Auch wunderschön ist dieses Buch von Jason F. Wright

Das Weihnachtsglas

(Klappentext)
"Ausgerechnet am Heiligabend räumen Diebe Hope Jensens Wohnung aus. Die junge Journalistin ist ohnehin am Boden zerstört, weil erst vor kurzem ihre Adoptivmutter gestorben ist. Doch dann erhält sie ein geheimnisvolles Geschenk. Sie ist wild entschlossen, den edlen Spender ausfindig zu machen. Dabei erfährt sie von einer wunderbaren Weihnachtstradition-und löst unverhofft das Geheimnis ihrer Herkunft."  


Heyne-Verlag
144 Seiten, geb. Ausgabe
ISBN 978-3-453-40744-2
8,00 Euro





Dieses Jahr sorgt nun dieses Buch für meine 
Weihnachtsstimmung. Ich habe es mir im Rahmen der Lesejury-Aktion vom Lübbe-Verlag gewünscht und bedanke mich an dieser Stelle recht herzlich!

Das Weihnachtsversprechen

(Klappentext)
Jedes Jahr an Weihnachten schenkt uns der Himmel ein Versprechen. Und jedes Jahr geben wir es denen weiter, die wir lieben.

Lübbe-Verlag
208 Seiten, geb.
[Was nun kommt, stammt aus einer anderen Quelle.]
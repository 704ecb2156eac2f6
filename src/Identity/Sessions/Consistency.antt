-- ===== src/Identity/Sessions/Consistency.antt =====
-- The invariant of `sessions` and `refresh_tokens`, and the statements that keep it.
use sentriqora.Base.{
  ℕ, suc, ◌≤◌, ◌<◌, ◌≡◌, refl, sym, ap, ◌∙◌, subst, Bool, true, false, ◌==◌, ◌&&◌, ==→eq, String,
  [], ◌∷◌, ◌++◌, any, All, All-append, All-map, any-eq-true, arith, any-update_where, any-append,
  any-append-last, any-false, any-All, All-unit, All-both, inl, inr, update_where, update_where-All,
  update_where-All_split, count_where, count_where-append, count_where-update_where-le, Bool-cases,
  one_if-le,
}
use sentriqora.Identity.Store.{Session, RefreshToken, Accounts, is_none}
use sentriqora.Identity.Sessions.{
  has_hash, is_unrevoked, is_live, revoke, revoke_token, consume, seen_at,
}
use sentriqora.Identity.Sessions.Rows.{
  SameRow, IsKnown, Keeps, Keeps-trans, IsLowering, IsClosing, with_tokens, with_sessions,
  with_token, with_session, update_tokens-Keeps, update_sessions-Keeps, with_token-Keeps,
  with_session-Keeps,
}

abbrev pub is_live_of : ℕ → RefreshToken → Bool
is_live_of session t = t.session_id == session && is_live t

-- A live token belongs to a session that is not revoked.
abbrev pub HasSession : Accounts → RefreshToken → Type 0
HasSession s t = is_live t ≡ true → any (is_unrevoked t.session_id) s.sessions ≡ true

pub record IsConsistent (s : Accounts) : Type 0 where
  pub known : All (λ t. IsKnown s t.id t.token_hash t.session_id) s.refresh_tokens
  pub bounded : All (λ x. x.id < s.next_id) s.sessions
  pub live : All (HasSession s) s.refresh_tokens
  pub one : (session : ℕ) → count_where (is_live_of session) s.refresh_tokens ≤ 1

-- A row that an update rewrites stays known.
update-IsKnown :
    (q : RefreshToken → Bool) (f : RefreshToken → RefreshToken) (s s' : Accounts)
    → IsLowering f
    → Keeps s s'
    → All (λ t. IsKnown s t.id t.token_hash t.session_id) s.refresh_tokens
    → All (λ t. IsKnown s' t.id t.token_hash t.session_id) (update_where q f s.refresh_tokens)
update-IsKnown q f s s' l k h =
    update_where-All (λ t. IsKnown s t.id t.token_hash t.session_id)
      (λ t. IsKnown s' t.id t.token_hash t.session_id) q f s.refresh_tokens
      (λ t _ known. rw (l.id t, l.hash t, l.session t) (k.known _ _ _ known))
      (λ t known. k.known _ _ _ known) h

one-update :
    (q : RefreshToken → Bool) (f : RefreshToken → RefreshToken) (s : Accounts) (session : ℕ)
    → IsLowering f
    → count_where (is_live_of session) s.refresh_tokens ≤ 1
    → count_where (is_live_of session) (update_where q f s.refresh_tokens) ≤ 1
one-update q f s session l h = omega (
  arith,
  h,
  count_where-update_where-le (is_live_of session) q f s.refresh_tokens
      (λ t now. ground (arith, l.session t, l.live t, now)),
)

pub consume-IsLowering : (now : ℕ) → IsLowering (consume now)
consume-IsLowering now = record {
  id = λ t. refl;
  hash = λ t. refl;
  session = λ t. refl;
  live = λ t h. absurd (cc);
}

pub revoke_token-IsLowering : (now : ℕ) → IsLowering (revoke_token now)
revoke_token-IsLowering now = record {
  id = λ t. refl;
  hash = λ t. refl;
  session = λ t. refl;
  live = λ t h. absurd (ground (arith, h));
}

pub revoke-IsClosing : (reason : String) (now : ℕ) → IsClosing (revoke reason now)
revoke-IsClosing reason now = record { id = λ x. refl; revoked = λ x h. absurd (cc) }

pub seen_at-IsClosing : (now : ℕ) → IsClosing (seen_at now)
seen_at-IsClosing now = record { id = λ x. refl; revoked = λ x h. h }

pub lower-IsConsistent :
    (q : RefreshToken → Bool) (f : RefreshToken → RefreshToken) (s : Accounts)
    → IsLowering f
    → IsConsistent s
    → IsConsistent (with_tokens s (update_where q f s.refresh_tokens))
lower-IsConsistent q f s l c = record {
  known = update-IsKnown q f s _ l (update_tokens-Keeps q f s l) c.known;
  bounded = c.bounded;
  live =
      update_where-All (HasSession s) (HasSession s) q f s.refresh_tokens
        (λ t _ h now. ap (λ k. any (is_unrevoked k) s.sessions) (l.session t) ∙ h (l.live t now))
        (λ t h. h) c.live;
  one = λ session. one-update q f s session l (c.one session);
}

-- The rows of some sessions are revoked, and their tokens with them: `all` says which.
abbrev pub revoke_rows :
    (all : ℕ → Bool) (q : Session → Bool) (reason : String) (now : ℕ) → Accounts → Accounts
revoke_rows all q reason now s = record s {
  sessions = update_where q (revoke reason now) s.sessions;
  refresh_tokens =
      update_where (λ t. all t.session_id && is_none t.revoked_at) (revoke_token now)
        s.refresh_tokens;
}

module _ (all : ℕ → Bool) (q : Session → Bool) (reason : String) (now : ℕ) (s : Accounts)
    (inside : (x : Session) → q x ≡ true → all x.id ≡ true) where
  pub revoke_rows-Keeps : Keeps s (revoke_rows all q reason now s)
  revoke_rows-Keeps =
      Keeps-trans s (with_sessions s (update_where q (revoke reason now) s.sessions)) _
        (update_sessions-Keeps q (revoke reason now) s (revoke-IsClosing reason now))
        (update_tokens-Keeps _ (revoke_token now) _ (revoke_token-IsLowering now))

  others_open :
      (session : ℕ)
      → all session ≡ false
      → any (is_unrevoked session) (update_where q (revoke reason now) s.sessions)
        ≡ any (is_unrevoked session) s.sessions
  others_open session out =
      any-update_where (is_unrevoked session) q (revoke reason now) s.sessions λ x hit.
        elim (Bool-cases (x.id == session)) [
          | inl same ↦ absurd (ground (arith, inside x hit, out, ap all (==→eq x.id session same)))
          | inr other ↦ rw other
        ]

  pub revoke_rows-IsConsistent : IsConsistent s → IsConsistent (revoke_rows all q reason now s)
  revoke_rows-IsConsistent c = record {
    known = update-IsKnown _ _ s _ (revoke_token-IsLowering now) revoke_rows-Keeps c.known;
    bounded =
        update_where-All (λ x. x.id < s.next_id) (λ x. x.id < s.next_id) q (revoke reason now)
          s.sessions (λ x _ h. h) (λ x h. h) c.bounded;
    live =
        update_where-All_split (HasSession s) (HasSession (revoke_rows all q reason now s))
          (λ t. all t.session_id && is_none t.revoked_at) (revoke_token now) s.refresh_tokens
          (λ t _ h live. absurd (ground (arith, live)))
          (λ t miss h live. others_open t.session_id (ground (arith, miss, live)) ∙ h live) c.live;
    one = λ session. one-update _ _ s session (revoke_token-IsLowering now) (c.one session);
  }

  -- Of a session that is revoked, no token is live.
  pub revoke_rows-dead :
      (session : ℕ)
      → all session ≡ true
      → All
          (λ t. t.session_id ≡ session → is_live t ≡ false)
          (revoke_rows all q reason now s).refresh_tokens
  revoke_rows-dead session chosen =
      update_where-All_split (λ _. Unit {0}) (λ t. t.session_id ≡ session → is_live t ≡ false)
        (λ t. all t.session_id && is_none t.revoked_at) (revoke_token now) s.refresh_tokens
        (λ t _ h e. ground arith) (λ t miss h e. ground (arith, miss, rw (sym e) at chosen))
        (All-unit s.refresh_tokens)

  pub revoke_rows-IsClosed :
      (session : ℕ)
      → ((x : Session) → is_unrevoked session x ≡ true → q x ≡ true)
      → any (is_unrevoked session) (update_where q (revoke reason now) s.sessions) ≡ false
  revoke_rows-IsClosed session covers = any-false (is_unrevoked session) _ (
      update_where-All_split (λ _. Unit {0}) (λ x. is_unrevoked session x ≡ false) q
        (revoke reason now) s.sessions (λ x _ h. ground arith)
        (λ x miss h. elim (Bool-cases (is_unrevoked session x)) [
          | inl hit ↦ absurd (ground (arith, covers x hit, miss))
          | inr none_left ↦ none_left
        ])
        (All-unit s.sessions))

-- A new session, whose id is the next one.
pub with_session-IsConsistent :
    (x : Session) (s : Accounts)
    → x.id ≡ s.next_id
    → IsConsistent s
    → IsConsistent (with_session s x)
with_session-IsConsistent x s fresh c = record {
  known =
      All-map (λ t. IsKnown s t.id t.token_hash t.session_id)
        (λ t. IsKnown (with_session s x) t.id t.token_hash t.session_id) s.refresh_tokens
        (λ t known. (with_session-Keeps x s fresh).known _ _ _ known) c.known;
  bounded =
      All-append (λ y. y.id < suc s.next_id) s.sessions (x ∷ [])
        (All-map (λ y. y.id < s.next_id) (λ y. y.id < suc s.next_id) s.sessions
          (λ y h. omega (arith, h)) c.bounded)
        (omega (arith, fresh), tt);
  live =
      All-map (HasSession s) (HasSession (with_session s x)) s.refresh_tokens
        (λ t h live. any-append (is_unrevoked t.session_id) s.sessions (x ∷ []) (h live)) c.live;
  one = λ session. c.one session;
}

-- A new token, whose id is the next one, of a session that is not revoked and has no live token.
pub with_token-IsConsistent :
    (t : RefreshToken) (s : Accounts)
    → t.id ≡ s.next_id
    → any (has_hash t.token_hash) s.refresh_tokens ≡ false
    → any (is_unrevoked t.session_id) s.sessions ≡ true
    → count_where (is_live_of t.session_id) s.refresh_tokens ≡ 0
    → IsConsistent s
    → IsConsistent (with_token s t)
with_token-IsConsistent t s fresh unused is_open alone c = record {
  known =
      All-append (λ u. IsKnown (with_token s t) u.id u.token_hash u.session_id) s.refresh_tokens
        (t ∷ [])
        (All-map (λ u. IsKnown s u.id u.token_hash u.session_id)
          (λ u. IsKnown (with_token s t) u.id u.token_hash u.session_id) s.refresh_tokens
          (λ u known. (with_token-Keeps t s fresh unused).known _ _ _ known) c.known)
        (new_known, tt);
  bounded =
      All-map (λ y. y.id < s.next_id) (λ y. y.id < suc s.next_id) s.sessions
        (λ y h. omega (arith, h)) c.bounded;
  live = All-append (HasSession s) s.refresh_tokens (t ∷ []) c.live ((λ _. is_open), tt);
  one = λ session. one_more session;
}
  where
    session_bounded : t.session_id < suc s.next_id
    session_bounded =
        let (x, below, hit) =
          any-eq-true (λ x. x.id < s.next_id) (is_unrevoked t.session_id) s.sessions is_open
            c.bounded in
        ground (arith, below, hit)

    new_known : IsKnown (with_token s t) t.id t.token_hash t.session_id
    new_known = record {
      below = omega (arith, fresh);
      bounded = session_bounded;
      rows =
          All-append (λ u. SameRow t.id t.token_hash t.session_id u) s.refresh_tokens (t ∷ [])
            (All-map _ _ s.refresh_tokens
              (λ u (known, miss). (
                (λ e. absurd (omega (arith, e, fresh, IsKnown.below known))),
                (λ e. absurd (ground (arith, miss, e))),
              ))
              (All-both (λ u. IsKnown s u.id u.token_hash u.session_id)
                (λ u. has_hash t.token_hash u ≡ false) s.refresh_tokens c.known
                (any-All (has_hash t.token_hash) s.refresh_tokens unused)))
            (((λ _. (refl, refl)), (λ _. refl)), tt);
      present = any-append-last (has_hash t.token_hash) s.refresh_tokens t ∙ ground arith;
    }

    one_more : (session : ℕ) → count_where (is_live_of session) (s.refresh_tokens ++ t ∷ []) ≤ 1
    one_more session =
        let counted = count_where-append (is_live_of session) s.refresh_tokens t in
        elim (Bool-cases (t.session_id == session)) [
          | inl same ↦
              (let mine : count_where (is_live_of session) s.refresh_tokens ≡ 0 =
                  subst (λ k. count_where (is_live_of k) s.refresh_tokens ≡ 0)
                    (==→eq t.session_id session same) alone in
                omega (arith, counted, mine, one_if-le (is_live_of session t)))
          | inr other ↦ omega (arith, rw other at counted, c.one session)
        ]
Ausgabe
ISBN 3-431-03823-9
9,99 Euro
Jedes Jahr hängt Gloria einen Brief an ihren Weihnachtsbaum, in dem sie das Versprechen erneuert, das sie ihrem verstorbenen Mann gab: weiter nach ihrem verschwundenen Sohn zu suchen. Um ihren Schmerz zu lindern, kümmert Gloria sich schon seit Jahren um Menschen in Not, so auch um den kleinen Donovan, dessen Mutter völlig verzweifelt ist. Am anderen Ende der Stadt lebt Chaz, ein junger Mann, der immer wieder dem Alkohol verfällt, sich jedoch insgeheim nach einer Familie sehnt. Sein neuer Job in einem Kaufhaus entpuppt sich als schicksalhafte Wendung. Denn dort arbeitet auch Donovans Mutter. Als dieser ein Unglück widerfährt, kreuzen sich die Wege von Gloria und Chaz...


Allen, die auf der Suche nach schöner Weihnachtsliteratur sind, kann ich diese Bücher nur ans Herz legen...
Aenna

Samstag, 20. November 2010

Neuer Lesestoff

Als nächstes lese ich "Morbus Dei: Die Ankunft" vom Autorenteam Bastian Zach und Matthias Bauer.
Dieses Buch wurde mir freundlicherweise vom Haymon-Verlag als Rezensionsexemplar überlassen.
Dafür bedanke ich mich ganz herzlich, besonders bei Nicole Oberdanner für ihre supernette email!


Auf das Buch bin ich sehr gespannt, und es ist ein schöner Kontrast zur vorherigen Lektüre!
Aenna

Rezension: "Am Ende eines Sommers" von Isabel Ashdown

eichborn-verlag
ISBN:9783821861203
geb. Ausgabe, 351 Seiten
19,95 Euro

Die letzten Seiten sind gelesen.  Gedankenverloren klappe ich das Buch zu und streichle über den rilligen, himbeerroten Einband, der normalerweise mit einem in blassblauen Tönen gehaltenen Fotoumschlag versehen ist.

Was für eine Geschichte. Und jetzt ist sie vorbei.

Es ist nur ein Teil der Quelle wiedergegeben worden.